▶ Exercise prompt: Would you please copy each line of the data in which the string "bind" occurs?

▶ Entries supplied:
════

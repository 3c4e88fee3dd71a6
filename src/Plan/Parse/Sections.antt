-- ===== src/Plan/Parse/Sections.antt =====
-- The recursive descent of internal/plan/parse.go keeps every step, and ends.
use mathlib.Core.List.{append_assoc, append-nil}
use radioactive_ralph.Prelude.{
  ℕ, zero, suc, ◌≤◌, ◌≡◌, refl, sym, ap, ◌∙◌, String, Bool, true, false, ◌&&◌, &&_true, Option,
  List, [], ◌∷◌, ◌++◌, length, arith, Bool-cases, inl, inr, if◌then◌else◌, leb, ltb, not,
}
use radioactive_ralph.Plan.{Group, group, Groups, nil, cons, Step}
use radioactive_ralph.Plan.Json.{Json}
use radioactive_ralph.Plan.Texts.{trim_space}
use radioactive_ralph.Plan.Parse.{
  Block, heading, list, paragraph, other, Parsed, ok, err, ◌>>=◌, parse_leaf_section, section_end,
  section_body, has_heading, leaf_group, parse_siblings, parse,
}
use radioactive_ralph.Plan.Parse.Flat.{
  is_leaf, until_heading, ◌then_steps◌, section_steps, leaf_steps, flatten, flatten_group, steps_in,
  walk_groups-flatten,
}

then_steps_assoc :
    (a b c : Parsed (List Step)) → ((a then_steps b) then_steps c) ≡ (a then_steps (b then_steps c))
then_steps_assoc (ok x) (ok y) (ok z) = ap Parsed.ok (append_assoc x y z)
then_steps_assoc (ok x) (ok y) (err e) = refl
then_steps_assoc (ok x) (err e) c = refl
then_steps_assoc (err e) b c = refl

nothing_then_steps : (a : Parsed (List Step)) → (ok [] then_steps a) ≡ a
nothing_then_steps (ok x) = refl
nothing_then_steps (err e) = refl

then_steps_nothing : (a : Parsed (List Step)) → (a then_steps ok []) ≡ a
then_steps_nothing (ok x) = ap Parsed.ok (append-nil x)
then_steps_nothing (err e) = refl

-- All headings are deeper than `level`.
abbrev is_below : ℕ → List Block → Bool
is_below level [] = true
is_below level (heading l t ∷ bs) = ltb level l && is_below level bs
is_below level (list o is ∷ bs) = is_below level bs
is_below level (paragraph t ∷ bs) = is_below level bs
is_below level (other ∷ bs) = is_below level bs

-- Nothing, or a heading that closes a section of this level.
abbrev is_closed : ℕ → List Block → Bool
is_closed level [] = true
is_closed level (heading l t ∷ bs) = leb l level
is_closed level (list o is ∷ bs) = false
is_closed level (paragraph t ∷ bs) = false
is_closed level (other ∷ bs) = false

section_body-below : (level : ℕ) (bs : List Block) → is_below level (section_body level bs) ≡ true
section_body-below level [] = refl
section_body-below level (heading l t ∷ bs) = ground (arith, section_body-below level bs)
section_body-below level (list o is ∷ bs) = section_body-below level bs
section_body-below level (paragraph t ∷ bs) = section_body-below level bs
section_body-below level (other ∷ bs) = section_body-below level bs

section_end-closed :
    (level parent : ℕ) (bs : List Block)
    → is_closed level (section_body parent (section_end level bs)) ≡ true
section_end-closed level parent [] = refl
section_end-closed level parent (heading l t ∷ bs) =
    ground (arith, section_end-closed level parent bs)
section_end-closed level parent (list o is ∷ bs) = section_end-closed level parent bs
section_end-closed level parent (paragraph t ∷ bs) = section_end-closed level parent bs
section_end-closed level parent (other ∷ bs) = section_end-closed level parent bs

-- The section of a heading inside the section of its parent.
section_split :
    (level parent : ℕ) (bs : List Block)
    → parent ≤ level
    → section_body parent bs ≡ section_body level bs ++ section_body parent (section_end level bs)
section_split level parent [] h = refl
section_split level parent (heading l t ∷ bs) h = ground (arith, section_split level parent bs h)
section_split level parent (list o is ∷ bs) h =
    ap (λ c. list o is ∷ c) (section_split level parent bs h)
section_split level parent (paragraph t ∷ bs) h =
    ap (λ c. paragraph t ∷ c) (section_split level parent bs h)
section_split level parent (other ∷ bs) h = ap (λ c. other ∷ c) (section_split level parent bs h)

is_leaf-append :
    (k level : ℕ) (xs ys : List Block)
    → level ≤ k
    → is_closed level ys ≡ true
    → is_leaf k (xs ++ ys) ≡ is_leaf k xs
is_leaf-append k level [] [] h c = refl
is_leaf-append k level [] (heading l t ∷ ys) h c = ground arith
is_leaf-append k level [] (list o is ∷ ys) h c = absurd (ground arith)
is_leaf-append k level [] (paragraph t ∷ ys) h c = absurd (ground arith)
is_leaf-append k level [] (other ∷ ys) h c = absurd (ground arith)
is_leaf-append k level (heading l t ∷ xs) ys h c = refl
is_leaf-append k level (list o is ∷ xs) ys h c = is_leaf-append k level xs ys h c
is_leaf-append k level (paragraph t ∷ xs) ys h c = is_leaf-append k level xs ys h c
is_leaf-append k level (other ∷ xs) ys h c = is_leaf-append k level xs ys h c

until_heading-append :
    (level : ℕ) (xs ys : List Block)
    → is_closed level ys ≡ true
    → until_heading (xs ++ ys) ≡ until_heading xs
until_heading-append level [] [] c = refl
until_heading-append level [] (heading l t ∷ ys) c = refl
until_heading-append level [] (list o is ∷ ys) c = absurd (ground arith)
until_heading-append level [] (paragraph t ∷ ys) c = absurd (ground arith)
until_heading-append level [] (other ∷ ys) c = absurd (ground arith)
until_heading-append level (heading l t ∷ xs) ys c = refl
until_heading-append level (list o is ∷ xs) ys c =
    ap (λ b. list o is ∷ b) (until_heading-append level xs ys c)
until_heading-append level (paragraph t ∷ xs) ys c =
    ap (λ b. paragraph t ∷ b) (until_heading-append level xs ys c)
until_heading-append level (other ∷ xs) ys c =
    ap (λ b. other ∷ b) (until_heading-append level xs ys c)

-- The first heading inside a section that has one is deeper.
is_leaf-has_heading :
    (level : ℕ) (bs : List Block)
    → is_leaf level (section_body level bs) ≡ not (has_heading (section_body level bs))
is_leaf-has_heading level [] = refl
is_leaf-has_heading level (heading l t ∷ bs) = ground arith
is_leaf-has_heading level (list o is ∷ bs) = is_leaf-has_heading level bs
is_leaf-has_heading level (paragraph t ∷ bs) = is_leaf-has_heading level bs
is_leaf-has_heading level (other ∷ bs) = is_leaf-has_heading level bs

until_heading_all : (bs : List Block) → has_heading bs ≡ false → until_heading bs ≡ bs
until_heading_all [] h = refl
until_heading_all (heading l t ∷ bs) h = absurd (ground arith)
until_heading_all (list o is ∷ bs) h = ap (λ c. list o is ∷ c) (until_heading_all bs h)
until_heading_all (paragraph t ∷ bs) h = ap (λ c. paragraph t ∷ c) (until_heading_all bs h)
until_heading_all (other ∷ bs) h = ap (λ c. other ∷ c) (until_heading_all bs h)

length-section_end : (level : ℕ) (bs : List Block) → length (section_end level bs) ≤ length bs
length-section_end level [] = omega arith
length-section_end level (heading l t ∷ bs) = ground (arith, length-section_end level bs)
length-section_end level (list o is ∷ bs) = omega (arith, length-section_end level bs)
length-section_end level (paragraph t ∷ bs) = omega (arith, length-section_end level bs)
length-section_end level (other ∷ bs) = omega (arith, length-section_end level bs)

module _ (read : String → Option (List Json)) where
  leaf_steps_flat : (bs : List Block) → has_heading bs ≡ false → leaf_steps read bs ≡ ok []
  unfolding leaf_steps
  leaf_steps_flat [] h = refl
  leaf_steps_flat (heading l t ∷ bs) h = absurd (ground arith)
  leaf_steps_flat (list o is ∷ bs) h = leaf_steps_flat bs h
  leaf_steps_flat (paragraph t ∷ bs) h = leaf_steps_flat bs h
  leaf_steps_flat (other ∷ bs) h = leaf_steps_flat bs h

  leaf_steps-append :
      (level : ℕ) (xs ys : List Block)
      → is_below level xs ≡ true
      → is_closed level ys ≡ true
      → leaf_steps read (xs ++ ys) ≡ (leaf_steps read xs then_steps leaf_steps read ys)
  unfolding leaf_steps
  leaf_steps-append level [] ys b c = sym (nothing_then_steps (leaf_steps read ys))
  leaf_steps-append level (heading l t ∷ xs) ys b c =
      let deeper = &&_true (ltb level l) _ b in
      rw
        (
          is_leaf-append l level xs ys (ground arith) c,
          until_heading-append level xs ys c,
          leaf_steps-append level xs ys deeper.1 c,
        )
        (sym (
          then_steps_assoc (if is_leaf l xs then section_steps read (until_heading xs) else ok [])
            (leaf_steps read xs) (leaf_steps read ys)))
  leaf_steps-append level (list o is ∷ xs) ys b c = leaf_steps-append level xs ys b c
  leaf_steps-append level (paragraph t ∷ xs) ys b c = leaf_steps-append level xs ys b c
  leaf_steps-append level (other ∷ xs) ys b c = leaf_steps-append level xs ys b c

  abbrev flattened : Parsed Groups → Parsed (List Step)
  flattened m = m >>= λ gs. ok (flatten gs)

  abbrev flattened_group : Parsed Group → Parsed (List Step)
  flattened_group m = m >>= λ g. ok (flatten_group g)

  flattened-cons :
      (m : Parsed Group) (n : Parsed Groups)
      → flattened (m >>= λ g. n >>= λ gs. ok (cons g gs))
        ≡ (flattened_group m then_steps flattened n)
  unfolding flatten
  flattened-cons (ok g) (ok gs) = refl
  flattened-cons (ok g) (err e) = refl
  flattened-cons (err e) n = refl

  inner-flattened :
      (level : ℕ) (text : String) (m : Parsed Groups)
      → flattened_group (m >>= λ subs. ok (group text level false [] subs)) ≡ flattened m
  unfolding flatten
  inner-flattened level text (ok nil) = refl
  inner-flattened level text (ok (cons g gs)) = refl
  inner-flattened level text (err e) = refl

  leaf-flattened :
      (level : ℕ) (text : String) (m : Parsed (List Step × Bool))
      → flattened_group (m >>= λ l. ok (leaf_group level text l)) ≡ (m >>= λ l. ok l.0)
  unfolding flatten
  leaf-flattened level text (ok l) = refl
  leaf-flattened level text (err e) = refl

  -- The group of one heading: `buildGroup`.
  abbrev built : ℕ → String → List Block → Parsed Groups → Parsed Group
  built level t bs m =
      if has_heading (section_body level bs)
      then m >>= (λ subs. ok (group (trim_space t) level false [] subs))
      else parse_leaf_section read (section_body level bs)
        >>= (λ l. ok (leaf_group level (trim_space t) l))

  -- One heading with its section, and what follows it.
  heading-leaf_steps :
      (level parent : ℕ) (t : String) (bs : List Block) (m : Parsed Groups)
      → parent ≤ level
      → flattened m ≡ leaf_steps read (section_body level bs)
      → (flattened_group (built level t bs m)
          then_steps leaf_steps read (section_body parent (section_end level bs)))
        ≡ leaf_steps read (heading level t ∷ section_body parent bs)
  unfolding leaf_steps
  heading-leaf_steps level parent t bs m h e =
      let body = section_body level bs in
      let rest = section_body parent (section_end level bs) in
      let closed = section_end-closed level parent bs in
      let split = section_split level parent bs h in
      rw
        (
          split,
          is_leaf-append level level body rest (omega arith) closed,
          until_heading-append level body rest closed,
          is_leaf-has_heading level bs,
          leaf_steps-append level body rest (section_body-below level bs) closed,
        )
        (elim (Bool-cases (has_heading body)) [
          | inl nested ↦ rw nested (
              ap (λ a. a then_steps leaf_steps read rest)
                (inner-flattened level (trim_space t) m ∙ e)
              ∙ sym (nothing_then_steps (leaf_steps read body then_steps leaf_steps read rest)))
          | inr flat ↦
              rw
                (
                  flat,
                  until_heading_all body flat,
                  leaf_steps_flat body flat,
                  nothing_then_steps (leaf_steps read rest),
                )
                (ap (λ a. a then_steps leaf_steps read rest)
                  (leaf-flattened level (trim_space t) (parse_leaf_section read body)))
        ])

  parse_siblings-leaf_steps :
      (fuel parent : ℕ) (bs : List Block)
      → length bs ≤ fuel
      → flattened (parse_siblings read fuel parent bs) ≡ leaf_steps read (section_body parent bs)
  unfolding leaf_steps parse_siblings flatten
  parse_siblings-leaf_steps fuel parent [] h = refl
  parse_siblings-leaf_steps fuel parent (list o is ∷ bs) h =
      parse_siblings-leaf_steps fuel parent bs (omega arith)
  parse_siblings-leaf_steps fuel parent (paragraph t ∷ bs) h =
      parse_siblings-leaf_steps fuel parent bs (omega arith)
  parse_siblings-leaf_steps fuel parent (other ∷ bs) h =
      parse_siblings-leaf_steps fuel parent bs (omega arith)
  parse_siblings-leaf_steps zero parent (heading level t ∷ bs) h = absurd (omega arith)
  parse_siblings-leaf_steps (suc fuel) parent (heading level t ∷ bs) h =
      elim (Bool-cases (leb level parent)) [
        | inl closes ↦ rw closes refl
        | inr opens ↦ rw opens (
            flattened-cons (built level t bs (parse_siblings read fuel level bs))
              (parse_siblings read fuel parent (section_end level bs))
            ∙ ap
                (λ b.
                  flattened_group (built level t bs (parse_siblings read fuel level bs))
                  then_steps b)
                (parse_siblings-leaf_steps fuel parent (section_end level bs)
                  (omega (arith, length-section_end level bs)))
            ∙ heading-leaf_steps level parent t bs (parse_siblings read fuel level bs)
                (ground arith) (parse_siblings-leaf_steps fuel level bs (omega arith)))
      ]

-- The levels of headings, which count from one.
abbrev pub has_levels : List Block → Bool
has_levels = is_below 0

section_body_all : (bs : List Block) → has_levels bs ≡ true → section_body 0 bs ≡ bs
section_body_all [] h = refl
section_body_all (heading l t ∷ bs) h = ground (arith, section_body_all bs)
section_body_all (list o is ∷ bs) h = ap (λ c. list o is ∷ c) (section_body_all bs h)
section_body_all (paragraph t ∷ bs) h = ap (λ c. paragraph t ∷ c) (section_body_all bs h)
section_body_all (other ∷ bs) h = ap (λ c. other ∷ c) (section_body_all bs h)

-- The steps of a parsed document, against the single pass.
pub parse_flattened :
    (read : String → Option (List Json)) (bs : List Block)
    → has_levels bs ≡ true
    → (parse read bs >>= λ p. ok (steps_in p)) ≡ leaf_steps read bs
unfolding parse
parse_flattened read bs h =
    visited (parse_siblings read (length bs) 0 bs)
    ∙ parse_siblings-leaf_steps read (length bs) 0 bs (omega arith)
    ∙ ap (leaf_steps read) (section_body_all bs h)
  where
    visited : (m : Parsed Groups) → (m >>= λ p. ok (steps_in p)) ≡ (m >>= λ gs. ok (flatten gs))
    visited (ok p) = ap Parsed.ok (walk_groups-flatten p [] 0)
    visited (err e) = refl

════

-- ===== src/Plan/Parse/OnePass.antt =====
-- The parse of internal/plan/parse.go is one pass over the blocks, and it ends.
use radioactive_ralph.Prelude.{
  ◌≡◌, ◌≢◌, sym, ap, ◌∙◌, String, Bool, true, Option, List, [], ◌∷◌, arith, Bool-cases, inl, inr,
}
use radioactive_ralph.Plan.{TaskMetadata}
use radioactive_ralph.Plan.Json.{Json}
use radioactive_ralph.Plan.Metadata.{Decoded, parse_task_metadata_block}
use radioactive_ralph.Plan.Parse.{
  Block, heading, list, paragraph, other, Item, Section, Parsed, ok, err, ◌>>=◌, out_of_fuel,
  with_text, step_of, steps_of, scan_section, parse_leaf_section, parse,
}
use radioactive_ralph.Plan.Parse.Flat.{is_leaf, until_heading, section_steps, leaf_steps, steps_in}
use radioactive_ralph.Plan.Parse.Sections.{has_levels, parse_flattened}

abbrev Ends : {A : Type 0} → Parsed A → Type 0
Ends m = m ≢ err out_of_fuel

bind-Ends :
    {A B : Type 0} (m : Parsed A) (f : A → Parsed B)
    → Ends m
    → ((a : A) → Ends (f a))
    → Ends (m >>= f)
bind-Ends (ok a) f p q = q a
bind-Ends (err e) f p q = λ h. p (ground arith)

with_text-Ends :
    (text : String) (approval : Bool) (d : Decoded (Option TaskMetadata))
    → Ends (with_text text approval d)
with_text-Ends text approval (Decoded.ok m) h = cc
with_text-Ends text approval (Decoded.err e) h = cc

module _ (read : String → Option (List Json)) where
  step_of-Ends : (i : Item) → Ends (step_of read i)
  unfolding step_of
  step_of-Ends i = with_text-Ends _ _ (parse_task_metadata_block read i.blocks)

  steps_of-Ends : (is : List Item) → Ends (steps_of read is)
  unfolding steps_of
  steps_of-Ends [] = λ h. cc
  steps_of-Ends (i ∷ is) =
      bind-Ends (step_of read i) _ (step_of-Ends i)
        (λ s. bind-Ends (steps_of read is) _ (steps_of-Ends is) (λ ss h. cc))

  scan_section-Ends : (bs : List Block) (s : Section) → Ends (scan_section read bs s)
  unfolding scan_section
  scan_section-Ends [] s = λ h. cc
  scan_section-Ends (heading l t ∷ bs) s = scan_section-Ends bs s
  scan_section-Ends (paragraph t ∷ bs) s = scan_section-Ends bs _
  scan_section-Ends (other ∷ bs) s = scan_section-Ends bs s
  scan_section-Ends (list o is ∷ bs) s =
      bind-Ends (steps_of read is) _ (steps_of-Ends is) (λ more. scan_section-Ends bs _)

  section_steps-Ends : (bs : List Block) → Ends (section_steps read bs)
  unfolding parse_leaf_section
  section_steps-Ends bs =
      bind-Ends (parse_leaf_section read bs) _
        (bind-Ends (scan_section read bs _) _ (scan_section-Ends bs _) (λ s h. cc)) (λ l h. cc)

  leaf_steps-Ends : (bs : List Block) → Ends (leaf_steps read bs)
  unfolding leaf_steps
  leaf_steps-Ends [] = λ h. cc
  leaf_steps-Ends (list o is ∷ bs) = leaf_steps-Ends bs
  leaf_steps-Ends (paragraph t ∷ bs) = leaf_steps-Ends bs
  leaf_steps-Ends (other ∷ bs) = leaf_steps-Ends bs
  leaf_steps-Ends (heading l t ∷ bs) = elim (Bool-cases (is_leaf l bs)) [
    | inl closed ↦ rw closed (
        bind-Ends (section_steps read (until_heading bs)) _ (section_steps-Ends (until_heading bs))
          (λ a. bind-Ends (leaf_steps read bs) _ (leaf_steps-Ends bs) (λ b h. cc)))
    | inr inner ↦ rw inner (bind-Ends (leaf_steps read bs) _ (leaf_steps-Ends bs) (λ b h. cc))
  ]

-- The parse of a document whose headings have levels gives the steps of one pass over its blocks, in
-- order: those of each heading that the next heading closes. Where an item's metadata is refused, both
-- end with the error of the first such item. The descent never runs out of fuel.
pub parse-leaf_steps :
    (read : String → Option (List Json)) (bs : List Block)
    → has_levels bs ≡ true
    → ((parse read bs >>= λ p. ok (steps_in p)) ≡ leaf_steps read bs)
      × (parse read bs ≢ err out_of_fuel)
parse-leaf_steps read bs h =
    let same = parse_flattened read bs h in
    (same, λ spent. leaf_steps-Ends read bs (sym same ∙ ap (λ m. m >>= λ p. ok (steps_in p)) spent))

════

▶ Response to the exercise:
bind-Ends :
bind-Ends (ok a) f p q = q a
bind-Ends (err e) f p q = λ h. p (ground arith)
      bind-Ends (step_of read i) _ (step_of-Ends i)
        (λ s. bind-Ends (steps_of read is) _ (steps_of-Ends is) (λ ss h. cc))
      bind-Ends (steps_of read is) _ (steps_of-Ends is) (λ more. scan_section-Ends bs _)
      bind-Ends (parse_leaf_section read bs) _
        (bind-Ends (scan_section read bs _) _ (scan_section-Ends bs _) (λ s h. cc)) (λ l h. cc)
        bind-Ends (section_steps read (until_heading bs)) _ (section_steps-Ends (until_heading bs))
          (λ a. bind-Ends (leaf_steps read bs) _ (leaf_steps-Ends bs) (λ b h. cc)))
    | inr inner ↦ rw inner (bind-Ends (leaf_steps read bs) _ (leaf_steps-Ends bs) (λ b h. cc))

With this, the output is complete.